# TASK TO COMPLETE
Your answer should hold all lines of the entries that include the word "Bool".

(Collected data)
************

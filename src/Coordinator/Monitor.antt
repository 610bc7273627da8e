-- ===== src/Coordinator/Monitor.antt =====
-- pkg/coordinator/monitor.go: what the coordinator makes of the answers of the nodes;
-- pkg/coordinator/node.go: `StreamStatus`, what a node answers.
pub mod Polls
use zincsearch.Prelude.{
  ℕ, zero, suc, ◌+◌, String, List, [], ◌∷◌, Bool, true, false, not, ◌||◌, ltb, ◌==◌, if◌then◌else◌,
  Option, none, some, Result, ok, err,
}
use zincsearch.Prelude.Int.{pos, leb_ℤ}
use zincsearch.Dict
use zincsearch.Dict.{Dict}
use zincsearch.Text.{contains}
use zincsearch.Time.{Instant, zero_time, is_zero}
use zincsearch.Coordinator.Config.{Config}

pub data NodeState : Type 0 where
  unknown up lagging degraded suspect down needs_restore : NodeState

pub record StreamStatus : Type 0 where
  pub connected : Bool
  pub paused : Bool
  pub drained : Bool
  pub stream : String
  pub consumer : String
  pub last_applied : ℕ
  pub stream_last : ℕ
  pub lag : ℕ
  pub applied_total : ℕ
  pub skipped_total : ℕ
  pub last_error : String
  pub last_error_time : String

abbrev pub no_stream : StreamStatus
no_stream = record {
  connected = false;
  paused = false;
  drained = false;
  stream = "";
  consumer = "";
  last_applied = 0;
  stream_last = 0;
  lag = 0;
  applied_total = 0;
  skipped_total = 0;
  last_error = "";
  last_error_time = "";
}

pub record NodeStatus : Type 0 where
  pub name : String
  pub url : String
  pub state : NodeState
  pub failures : ℕ  -- an int; it counts polls and does not reach 2^63
  pub last_seen : Instant
  pub stream : StreamStatus
  pub error : String

abbrev pub gap_message : String
gap_message = "does not reach back"

abbrev pub ahead_message : String
ahead_message = "is ahead of the stream"

-- the test for `NodeNeedsRestore`
abbrev pub cannot_continue : String → Bool
cannot_continue e = contains e gap_message || contains e ahead_message

unfoldable pub classify : NodeStatus → Config → NodeState
classify s cfg =
    if leb_ℤ cfg.fail_threshold (pos s.failures)
    then down
    else if ltb 0 s.failures
    then suspect
    else if is_zero s.last_seen
    then unknown
    else if cannot_continue s.stream.last_error
    then needs_restore
    else if not s.stream.connected
    then degraded
    else if ltb cfg.max_lag s.stream.lag
    then lagging
    else up

-- What one question gave: the replication state, or the text of an error.
abbrev pub Answer : Type 0
Answer = Result String StreamStatus

heard : Config → Instant → NodeStatus → Answer → NodeStatus
heard cfg now s (err e) = record s { failures = s.failures + 1; error = e }
heard cfg now s (ok stream) = record s {
  failures = 0;
  error = "";
  last_seen = now;
  stream = stream;
}

-- the part of `PollOnce` that runs under the mutex for one node
unfoldable pub note_answer : Config → Instant → NodeStatus → Answer → NodeStatus
unfolding heard classify
note_answer cfg now s a = let s' = heard cfg now s a in record s' { state = classify s' cfg }

-- the zero value that a Go map gives for a missing key
abbrev pub no_status : NodeStatus
no_status = record {
  name = "";
  url = "";
  state = unknown;
  failures = 0;
  last_seen = zero_time;
  stream = no_stream;
  error = "";
}

abbrev pub or_zero : Option NodeStatus → NodeStatus
or_zero none = no_status
or_zero (some s) = s

-- `nodeStatus`
unfoldable pub node_status : Dict NodeStatus → String → NodeStatus
node_status status name = or_zero (Dict.get status name)

-- One answer that arrives: the node, the clock at that moment and the answer.
pub record Arrival : Type 0 where
  pub node : String
  pub at : Instant
  pub answer : Answer

-- `PollOnce`: the nodes are asked at once, and their answers are noted in the order in which they
-- arrive.
unfoldable pub poll_once : Config → Dict NodeStatus → List Arrival → Dict NodeStatus
unfolding note_answer node_status
poll_once cfg status [] = status
poll_once cfg status (a ∷ rest) =
    poll_once cfg
      (Dict.put status a.node (note_answer cfg a.at (node_status status a.node) a.answer)) rest

-- `NodeStatuses`: in configuration order
unfoldable pub node_statuses : Dict NodeStatus → List String → List NodeStatus
unfolding node_status
node_statuses status [] = []
node_statuses status (name ∷ order) = node_status status name ∷ node_statuses status order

************

# EXERCISE SOLUTION
  ℕ, zero, suc, ◌+◌, String, List, [], ◌∷◌, Bool, true, false, not, ◌||◌, ltb, ◌==◌, if◌then◌else◌,
  pub connected : Bool
  pub paused : Bool
  pub drained : Bool
abbrev pub cannot_continue : String → Bool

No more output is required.